Question: Since I first emailed you, you’ve announced you will join the University of Toronto’s political science department as an assistant professor, so congratulations! Would you like to talk more about that? And regarding your career, where do you envision yourself in the coming years? 

AC: I'm really excited about joining U of T because they are historically one of the strongest political theory departments and they really emphasize interdisciplinary work. I'm very interested in continuing to work within comparative political theory by bringing in the contributions of Latin American political thought and Black and Indigenous actors working in or from Latin America. There are really great scholars doing comparative political theory and related types of approaches at U of T, so one of the most exciting aspects is being able to work and learn with them. 
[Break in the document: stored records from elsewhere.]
-- ===== src/VisionBridge/Launch.antt =====
-- The constructor of ssl_vision_bridge_node.cpp.
use ssl_ros_bridge.Prelude.{
  ℕ, ℤ, pos, ◌≡◌, true, false, Bool-cases, Option, none, List, [], String, Call, returned, threw,
  to_u16, ◌⊎◌, inl, inr,
}
use ssl_ros_bridge.Core.Receiver.{MulticastReceiver, Socket, Completion, run_receives, new_receiver}
use ssl_ros_bridge.Core.Receiver.Delivery.{before_failure, conversions}
use ssl_ros_bridge.Core.Receiver.Joining.{joining}
use ssl_ros_bridge.Core.Launch.{
  Overrides, declare_parameter, Chosen, declare_parameter-Chosen, new_receiver-everywhere,
  new_receiver-unbound,
}
use ssl_ros_bridge.VisionBridge.{multicast_callback, vision_bridge_published}

-- The receiver's socket, for the group's address and the port, which becomes a `uint16_t`.
abbrev pub vision_socket : (String → ℕ → Socket) → Overrides → Socket
vision_socket socket_at overrides =
    socket_at (declare_parameter "224.5.23.2" overrides.address)
      (to_u16 (declare_parameter (pos 10020) overrides.port))

-- The constructor. `socket_at` is what the network makes of an address and a port.
unfoldable pub new_vision_bridge :
    {Message : Type 0}
    → (String → ℕ → Socket)
    → List String
    → List ℕ
    → Overrides
    → Call (MulticastReceiver (List Message))
new_vision_bridge socket_at available memory overrides =
    new_receiver (vision_socket socket_at overrides) available memory
      (declare_parameter "" overrides.net_interface_address) []

-- vision_socket asks the network for the socket of the address and the port.
vision_socket-Chosen :
    (socket_at : String → ℕ → Socket) (overrides : Overrides) (address : String) (port : ℤ)
    → Chosen overrides.address "224.5.23.2" address
    → Chosen overrides.port (pos 10020) port
    → vision_socket socket_at overrides ≡ socket_at address (to_u16 port)
vision_socket-Chosen socket_at overrides address port at_address at_port = rw (
  declare_parameter-Chosen "224.5.23.2" address overrides.address at_address,
  declare_parameter-Chosen (pos 10020) port overrides.port at_port,
)

-- A bridge that is launched without an interface's address uses the socket for the address and the low
-- 16 bits of the port that are given, or else for 224.5.23.2 and 10020. If that socket does not
-- bind, the constructor throws. If it does, the bridge is constructed, has joined the group on each
-- interface that lets it, in order, and publishes, up to the first error of that socket and not after
-- it, the conversion of each datagram that can be parsed, once and in order.
pub vision_bridge_launched :
    {Packet Message : Type 0} (parse : List ℕ → Option Packet) (from_proto : Packet → Message)
    (socket_at : String → ℕ → Socket) (available : List String) (memory : List ℕ)
    (overrides : Overrides) (address : String) (port : ℤ) (cs : List Completion)
    → Chosen overrides.address "224.5.23.2" address
    → Chosen overrides.port (pos 10020) port
    → overrides.net_interface_address ≡ none
    → let socket = socket_at address (to_u16 port) in
      ((socket.binds ≡ false)
        × (new_vision_bridge {Message = Message} socket_at available memory overrides ≡ threw))
      ⊎ ((r : MulticastReceiver (List Message)) × (socket.binds ≡ true)
          × (new_vision_bridge socket_at available memory overrides ≡ returned r)
          × (r.joined ≡ joining socket available)
          × ((run_receives (multicast_callback parse from_proto) cs r).owner
              ≡ conversions parse from_proto (before_failure cs)))
unfolding new_vision_bridge
vision_bridge_launched parse from_proto socket_at available memory overrides address port cs
      at_address at_port everywhere =
    let socket = socket_at address (to_u16 port) in
    let same = vision_socket-Chosen socket_at overrides address port at_address at_port in
    elim (Bool-cases socket.binds) [
      | inr fails ↦
          inl (
            fails,
            rw (same, everywhere) (new_receiver-unbound socket available memory "" [] fails),
          )
      | inl binds ↦
          let (r, made, joined, warned) =
            new_receiver-everywhere socket available memory [] binds in
          inr (
            r,
            binds,
            rw (same, everywhere) made,
            joined,
            vision_bridge_published parse from_proto socket available memory "" cs made,
          )
    ]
Something that I'm really excited about with this is on the education side is that Mississauga has a lot of commuter students that come from first-generation and migrant backgrounds. Something that I've enjoyed in teaching so far — at Northwestern, now at Williams College, and when I taught at the School of the Art Institute of Chicago — is that my classes try to push students to think about their experiences as sources of learning. I have students, for example, at Williams right now, that are first-generation Latinx students who find themselves in a position where they can learn from their cultural identities and communities for the first time in a university context. When I decided to join U of T, that was one of the most appealing features about the university — that I'll be able to keep engaging with these kinds of students, probably in a lot of ways more so than I did at Northwestern and Williams. 

In terms of research, the goal is just to keep publishing work that doesn't fit comfortably within the boundaries of political theory as the field has self-identified for a long time. Finally, I have to turn my dissertation into a book. So that's the major goal.